DATASET CONTENT Block Start

-- ===== src/ActionItems/Fresh.antt =====
-- The loops of server/app/services/copilot/action_items.py that add only what is new.
use corella.Prelude.{
  ◌≡◌, refl, sym, Bool, true, false, not, ◌&&◌, ◌||◌, List, [], ◌∷◌, ◌++◌, if◌then◌else◌, any, map,
  All, Text, strip, nonempty, arith, Bool-cases, inl, inr,
}
use mathlib.Core.Path.{subst}
use corella.ActionItems.{new_texts}

module _ (like : Text → Text → Bool) where
  -- No text of a list is like a later one.
  abbrev pub apart : List Text → Bool
  apart [] = true
  apart (t ∷ ts) = let rest = apart ts in if any (like t) ts then false else rest

  -- No text of the second list is like one of the first.
  abbrev pub Unlike : List Text → List Text → Type 0
  Unlike before ts = All (λ t. any (like t) before ≡ false) ts

  -- Whatever is said in the texts has something like it in a pool.
  abbrev pub Covered : (Text → Text) → List Text → List Text → Type 0
  Covered lower pool texts =
      All (λ t. (nonempty (strip t) && not (any (like (lower (strip t))) pool)) ≡ false) texts

module _ (like : Text → Text → Bool) (both_ways : (s t : Text) → like s t ≡ like t s) where
  Unlike-tail :
      (b : Text) (before ts : List Text) → Unlike like (b ∷ before) ts → Unlike like before ts
  unfolding any
  Unlike-tail b before [] h = tt
  Unlike-tail b before (t ∷ ts) (h, k) = (ground arith, Unlike-tail b before ts k)

  Unlike-head :
      (b : Text) (before ts : List Text) → Unlike like (b ∷ before) ts → any (like b) ts ≡ false
  unfolding any
  Unlike-head b before [] h = refl
  Unlike-head b before (t ∷ ts) (h, k) = ground (arith, both_ways b t, Unlike-head b before ts k)

  any-append : (p : Text → Bool) (xs ys : List Text) → any p (xs ++ ys) ≡ (any p xs || any p ys)
  unfolding any
  any-append p [] ys = refl
  any-append p (x ∷ xs) ys = ground (arith, any-append p xs ys)

  pub apart-append :
      (xs ys : List Text)
      → apart like xs ≡ true
      → apart like ys ≡ true
      → Unlike like xs ys
      → apart like (xs ++ ys) ≡ true
  unfolding any
  apart-append [] ys h k u = k
  apart-append (x ∷ xs) ys h k u = ground (
    arith,
    any-append (like x) xs ys,
    Unlike-head x xs ys u,
    apart-append xs ys (ground arith) k (Unlike-tail x xs ys u),
  )

  module _ (lower : Text → Text) where
    abbrev pub lowered : List Text → List Text
    lowered ts = map lower ts

    pub new_texts-Unlike :
        (existing texts : List Text)
        → Unlike like existing (lowered (new_texts lower like existing texts))
    unfolding new_texts any
    new_texts-Unlike existing [] = tt
    new_texts-Unlike existing (t ∷ ts) = elim (Bool-cases (nonempty (strip t))) [
      | inr blank ↦ rw blank (new_texts-Unlike existing ts)
      | inl said ↦ elim (Bool-cases (any (like (lower (strip t))) existing)) [
        | inl old ↦ rw (said, old) (new_texts-Unlike existing ts)
        | inr new ↦
            rw (said, new)
              (
                new,
                Unlike-tail (lower (strip t)) existing _
                    (new_texts-Unlike (lower (strip t) ∷ existing) ts),
              )
      ]
    ]

    pub new_texts-apart :
        (existing texts : List Text)
        → apart like (lowered (new_texts lower like existing texts)) ≡ true
    unfolding new_texts any
    new_texts-apart existing [] = refl
    new_texts-apart existing (t ∷ ts) = elim (Bool-cases (nonempty (strip t))) [
      | inr blank ↦ rw blank (new_texts-apart existing ts)
      | inl said ↦ elim (Bool-cases (any (like (lower (strip t))) existing)) [
        | inl old ↦ rw (said, old) (new_texts-apart existing ts)
        | inr new ↦
            rw
              (
                said,
                new,
                Unlike-head (lower (strip t)) existing _
                    (new_texts-Unlike (lower (strip t) ∷ existing) ts),
              )
              (new_texts-apart (lower (strip t) ∷ existing) ts)
      ]
    ]

    Covered-map :
        (pool pool' texts : List Text)
        → ((s : Text) → any (like s) pool ≡ true → any (like s) pool' ≡ true)
        → Covered like lower pool texts
        → Covered like lower pool' texts
    Covered-map pool pool' [] f h = tt
    Covered-map pool pool' (t ∷ ts) f (h, k) =
        (ground (arith, f (lower (strip t))), Covered-map pool pool' ts f k)

    -- What the loop makes of its first text.
    new_texts-skip :
        (existing : List Text) (t : Text) (ts : List Text)
        → (nonempty (strip t) && not (any (like (lower (strip t))) existing)) ≡ false
        → new_texts lower like existing (t ∷ ts) ≡ new_texts lower like existing ts
    unfolding new_texts
    new_texts-skip existing t ts h = ground arith

    new_texts-add :
        (existing : List Text) (t : Text) (ts : List Text)
        → nonempty (strip t) ≡ true
        → any (like (lower (strip t))) existing ≡ false
        → new_texts lower like existing (t ∷ ts)
          ≡ strip t ∷ new_texts lower like (lower (strip t) ∷ existing) ts
    unfolding new_texts
    new_texts-add existing t ts said new = rw (said, new) refl

    module _ (itself : (s : Text) → like s s ≡ true) where
      skipped :
          (existing : List Text) (t : Text) (ts : List Text)
          → (nonempty (strip t) && not (any (like (lower (strip t))) existing)) ≡ false
          → Covered like lower (existing ++ lowered (new_texts lower like existing ts)) ts
          → Covered like lower
              (existing ++ lowered (new_texts lower like existing (t ∷ ts)))
              (t ∷ ts)
      skipped existing t ts old h =
          let rest : List Text = lowered (new_texts lower like existing ts) in
          subst (λ added. Covered like lower (existing ++ lowered added) (t ∷ ts))
            (sym (new_texts-skip existing t ts old))
            (ground (arith, any-append (like (lower (strip t))) existing rest), h)

      added :
          (existing : List Text) (t : Text) (ts : List Text)
          → nonempty (strip t) ≡ true
          → any (like (lower (strip t))) existing ≡ false
          → Covered like lower
              ((lower (strip t) ∷ existing)
                ++ lowered (new_texts lower like (lower (strip t) ∷ existing) ts))
              ts
          → Covered like lower
              (existing ++ lowered (new_texts lower like existing (t ∷ ts)))
              (t ∷ ts)
      unfolding any
      added existing t ts said new h =
          let l : Text = lower (strip t) in
          let rest : List Text = lowered (new_texts lower like (l ∷ existing) ts) in
          subst (λ a. Covered like lower (existing ++ lowered a) (t ∷ ts))
            (sym (new_texts-add existing t ts said new))
            (
              ground (arith, any-append (like l) existing (l ∷ rest), itself l),
              Covered-map ((l ∷ existing) ++ rest) (existing ++ l ∷ rest) ts
                  (λ s k. ground (
                    arith,
                    any-append (like s) existing (l ∷ rest),
                    any-append (like s) existing rest,
                  ))
                  h,
            )

      pub new_texts-Covered :
          (existing texts : List Text)
          → Covered like lower (existing ++ lowered (new_texts lower like existing texts)) texts
      new_texts-Covered existing [] = tt
      new_texts-Covered existing (t ∷ ts) =
          elim (Bool-cases (nonempty (strip t) && not (any (like (lower (strip t))) existing))) [
            | inl new ↦
                added existing t ts (ground arith) (ground arith)
                  (new_texts-Covered (lower (strip t) ∷ existing) ts)
            | inr old ↦ skipped existing t ts old (new_texts-Covered existing ts)
          ]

DATASET CONTENT Block End

=== WORK ORDER ===
Using the records above, write out exactly the lines between the one holding "(xs ++ ys) ≡ true" and the one holding "module _ (lower : Text → Text) where", inclusive; leave everything else out.

=== RESULT OF THIS EXERCISE ===
      → apart like (xs ++ ys) ≡ true
  unfolding any
  apart-append [] ys h k u = k
  apart-append (x ∷ xs) ys h k u = ground (
    arith,
    any-append (like x) xs ys,
    Unlike-head x xs ys u,
    apart-append xs ys (ground arith) k (Unlike-tail x xs ys u),
  )

  module _ (lower : Text → Text) where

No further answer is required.